In our Data Visualization 101 series, we cover each chart type to help you sharpen your data visualization skills.
For a general data refresher, start here.
So far in our series, we’ve dealt with tools for clearly displaying two dimensions of data, but what happens when you have a third or fourth? Do you use a bar chart and stack bars with different variables next to one another? Do you use multiple graphs and compare the results?
Welcome to the bubble chart. This incredibly versatile chart form can be used to visualize a data set with two to four dimensions, all in one elegant and easy to interpret chart.
What It Is
In its most basic form, the bubble chart communicates two dimensions of data: one, a numerical value visualized in the scale of its circular bubbles, and the second in what each bubble represents. Simply put, larger bubbles equal larger values.
Remember the ultra-useful scatter plot? Well, the bubble chart adds even more functionality to that chart form. Combining different-sized bubbles with the x and y axis plotting on a standard scatter plot provides a third dimension of data that can be incredibly valuable. These charts are often referred to as “bubble plots.”

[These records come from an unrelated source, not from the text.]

-- ===== src/Config/Paths.antt =====
-- The paths of a configuration, resolved.
use wireguard_babeld_igp.Base.{◌≡◌, String, Bool, Option, true, arith, string_key}
use wireguard_babeld_igp.Errors.{Error, ok}
use wireguard_babeld_igp.Config.{ServerConfig, resolve_log, resolve_relative_paths}

module _ (is_abs : String → Bool) (join : String → String → String) (base : String)
    (join_abs : (path : String) → is_abs (join base path) ≡ true) where
  resolve_log_twice :
      (file : String)
      → resolve_log is_abs join base (resolve_log is_abs join base file)
        ≡ resolve_log is_abs join base file
  unfolding resolve_log
  resolve_log_twice file = ground (arith, join_abs file)

  -- Where join always gives an absolute path, a configuration whose paths have been resolved resolves
  -- to itself, and no directory is made for it.
  pub resolve_twice :
      (mkdir mkdir' : String → Option Error) (c d : ServerConfig)
      → resolve_relative_paths is_abs join mkdir base c ≡ ok d
      → resolve_relative_paths is_abs join mkdir' base d ≡ ok d
  unfolding resolve_relative_paths
  resolve_twice mkdir mkdir' c d h =
      ground (arith, resolve_log_twice c.log.file, join_abs c.storage.sqlite_path)
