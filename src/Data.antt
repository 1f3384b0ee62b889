-- ===== src/Data.antt =====
-- The data structures of Go and the functions of its standard library that the program uses.
pub mod Map
pub mod Heap
pub mod Text
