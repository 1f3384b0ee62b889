-- ===== src/Password.antt =====
-- pkg/utils/password/password.go: how a password is kept. Argon2 (golang.org/x/crypto/argon2), the
-- base64 of encoding/base64 and the random salt are parameters.
pub mod RoundTrip
use Prim.Native.String.{◌∷◌, ◌++◌}
use wireguard_babeld_igp.Base.{
  ℕ, zero, suc, ◌+◌, ◌-◌, ◌*◌, ◌%◌, ◌^◌, String, Bool, true, false, Option, none, some, List, [],
  ite, if◌then◌else◌, ◌=?◌, string_key, nat_key,
}
use wireguard_babeld_igp.Base.{◌∷◌}
use wireguard_babeld_igp.Base.Int.{ℤ, pos, negsuc, int_key}
use wireguard_babeld_igp.Data.Map.Range.{length}
use wireguard_babeld_igp.Data.Text.{show_ℕ}
use wireguard_babeld_igp.Data.Text.Scan.{split, scan_after}
use wireguard_babeld_igp.Errors.{Result, ok, err, Error, message, ◌>>=◌, ◌>>◌}

abbrev pub Bytes : Type 0
Bytes = List ℕ

-- argon2.IDKey(password, salt, time, memory, threads, keyLen), with `none` for its panic.
pub record Crypto : Type 0 where
  pub id_key : String → Bytes → ℕ → ℕ → ℕ → ℕ → Option Bytes
  pub encode : Bytes → String
  pub decode : String → Result Bytes

abbrev pub time : ℕ
time = 1

abbrev pub memory : ℕ
memory = 65536

abbrev pub threads : ℕ
threads = 4

abbrev pub key_len : ℕ
key_len = 32

-- argon2.Version
abbrev pub argon_version : ℕ
argon_version = 19

-- A call that returns, or the panic of argon2.
pub data Call (A : Type 0) : Type 0 where
  returns : Result A → Call A
  panics : Call A

abbrev version_text : String
version_text = "v=" ++ show_ℕ argon_version

abbrev params_text : String
params_text = ((("m=" ++ show_ℕ memory) ++ ",t=") ++ show_ℕ time) ++ (",p=" ++ show_ℕ threads)

-- subtle.ConstantTimeCompare(a, b) == 1
unfoldable pub same_bytes : Bytes → Bytes → Bool
same_bytes [] [] = true
same_bytes [] (y ∷ b) = false
same_bytes (x ∷ a) [] = false
same_bytes (x ∷ a) (y ∷ b) = let rest = same_bytes a b in ite (x =? y) rest false

-- The conversion of an `int` to an unsigned integer of `w` bits.
unfoldable pub to_unsigned : ℕ → ℤ → ℕ
to_unsigned w (pos n) = n % 2 ^ w
to_unsigned w (negsuc n) = (2 ^ w - 1) - n % 2 ^ w

check : String → Bool → Result (Unit {0})
check text true = ok tt
check text false = err (message text)

scanned : {A : Type 0} → Option A → Result A
scanned none = err (message "input does not match format")
scanned (some a) = ok a

scan_version : String → Option ℤ
scan_version s = elim (scan_after "v=" s) [ none ↦ none | some (v, _) ↦ some v ]

scan_threads : ℤ → ℤ → Option (ℤ × String) → Option (ℤ × ℤ × ℤ)
scan_threads m t none = none
scan_threads m t (some (p, _)) = some (m, t, p)

scan_time : ℤ → Option (ℤ × String) → Option (ℤ × ℤ × ℤ)
unfolding scan_threads
scan_time m none = none
scan_time m (some (t, s)) = scan_threads m t (scan_after ",p=" s)

scan_params : Option (ℤ × String) → Option (ℤ × ℤ × ℤ)
unfolding scan_time
scan_params none = none
scan_params (some (m, s)) = scan_time m (scan_after ",t=" s)

module _ (crypto : Crypto) where
  -- fmt.Sprintf("$argon2id$v=%d$m=%d,t=%d,p=%d$%s$%s", ...)
  unfoldable pub encoded_hash : Bytes → Bytes → String
  encoded_hash salt hash =
      "$"
      ∷ ("argon2id"
          ++ ("$"
              ∷ (version_text
                  ++ ("$"
                      ∷ (params_text
                          ++ ("$" ∷ (crypto.encode salt ++ ("$" ∷ crypto.encode hash))))))))

  hashed : Bytes → Option Bytes → Call String
  hashed salt none = panics
  hashed salt (some hash) = returns (ok (encoded_hash salt hash))

  -- The first argument is the answer of rand.Read.
  unfoldable pub hash_password : Result Bytes → String → Call String
  unfolding hashed
  hash_password (err e) password = returns (err e)
  hash_password (ok salt) password =
      hashed salt (crypto.id_key password salt time memory threads key_len)

  compared : Bytes → Option Bytes → Call Bool
  compared hash none = panics
  compared hash (some key) = returns (ok (same_bytes hash key))

  with_fields : String → Result ((ℤ × ℤ × ℤ) × Bytes × Bytes) → Call Bool
  unfolding compared
  with_fields password (err e) = returns (err e)
  with_fields password (ok ((m, t, p), salt, hash)) = compared hash (
      crypto.id_key password salt (to_unsigned 32 t) (to_unsigned 32 m) (to_unsigned 8 p)
        (length hash % 2 ^ 32))

  unfoldable pub fields : List String → Result ((ℤ × ℤ × ℤ) × Bytes × Bytes)
  unfolding check scanned scan_version scan_params
  fields (_ ∷ kind ∷ version ∷ params ∷ salt ∷ hash ∷ []) =
      check "unsupported hash type" (ite (kind =? "argon2id") true false)
      >> (scanned (scan_version version) >>= λ v.
          check "incompatible argon2id version" (ite (v =? pos argon_version) true false)
          >> (scanned (scan_params (scan_after "m=" params)) >>= λ numbers.
              crypto.decode salt >>= λ salt'.
              crypto.decode hash >>= λ hash'. ok (numbers, salt', hash')))
  fields _ = err (message "invalid hash format")

  unfoldable pub verify_password : String → String → Call Bool
  unfolding with_fields
  verify_password password encoded = with_fields password (fields (split 36 encoded))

The fourth dimension of data is illustrated in the chart below. By employing different colors to sort data into categories (or even shaded hues across a gradient to represent numbers), the bubble plot reveals its extremely useful nature:
Another popular way to use the elements of a bubble chart is with a bubble map (sometimes called a cartogram). Here, x and y values are effectively latitude and longitude coordinates representing a geographic location (although if locational accuracy isn’t paramount, boundaries like state outlines identify bubbles perfectly).
Where It Came From
Like its cousin the scatter plot, the origins of the bubble chart are unknown. The bubble map, however, was successfully used by French civil engineer Charles Joseph Minard (1781-1870). Although it’s questionable whether he was the first to use them, his bubble maps are nearly identical to examples you would find today (minus that romantic yellowing from age). Minard even created what could have been the first combination of bubble maps and pie charts in his map of the cattle trade around France.
In Minard’s “Figurative and approximate map of the tonnage of the major ports and principal rivers of europe” from 1859, we see the fully expressed form of the bubble map. (And because Minard was a master of his craft, each millimeter of river thickness also represents 100,000 tons of shipping):
When to Use It
We called the scatter plot a “discovery tool,” but the bubble chart takes it it to the next level. Here are examples of ways to use each variation:
Two Data Sets
These bubble charts are beautifully simple. In this case, the area of each bubble represents the percentage of personal social networks, while the legend represents the age range for those individuals. (These charts are often used as an aesthetically pleasing alternative to a bar chart.)
Three Data Sets
The bubble plot below combines the usefulness of the standard scatter plot with the additional data provided by varying bubble sizes. Here, we can see a clear correlation between greater ad spending and sales as the year progressed:
Four Data Sets
Adding a legend to differentiate each bubble puts all four data sets together. One of the most famous recent examples of bubble plots was featured in Swedish researcher Hans Rosling’s exceptionally entertaining TED Talk. His “GapMinder” website includes an interactive bubble plot that compares life expectancy in the world’s countries with their income per capita and total population for the last 200 years. Moving the interactive year slider brings the story to life, clearly revealing world changing events like the Spanish Flu pandemic of 1918 and the growth of global trade. This is true chart mastery:
Best Practices for Designing Bubble Charts
Ready to create some bubble charts? Here are 3 tips for how to communicate the most information with a quick glance. (You can also review our tips for scatter plots, which apply too.)
1) Make Sure Labels Are Visible
All labels should be unobstructed and easily identified with the corresponding bubble.
2) Size Bubbles Appropriately
The human visual system naturally experiences a disk’s size in terms of its area. Thus bubbles should be scaled according to area, not diameter.
3) Don’t Use Odd Shapes
Avoid adding too much detail or using shapes that are not entirely circular; this can lead to inaccuracies.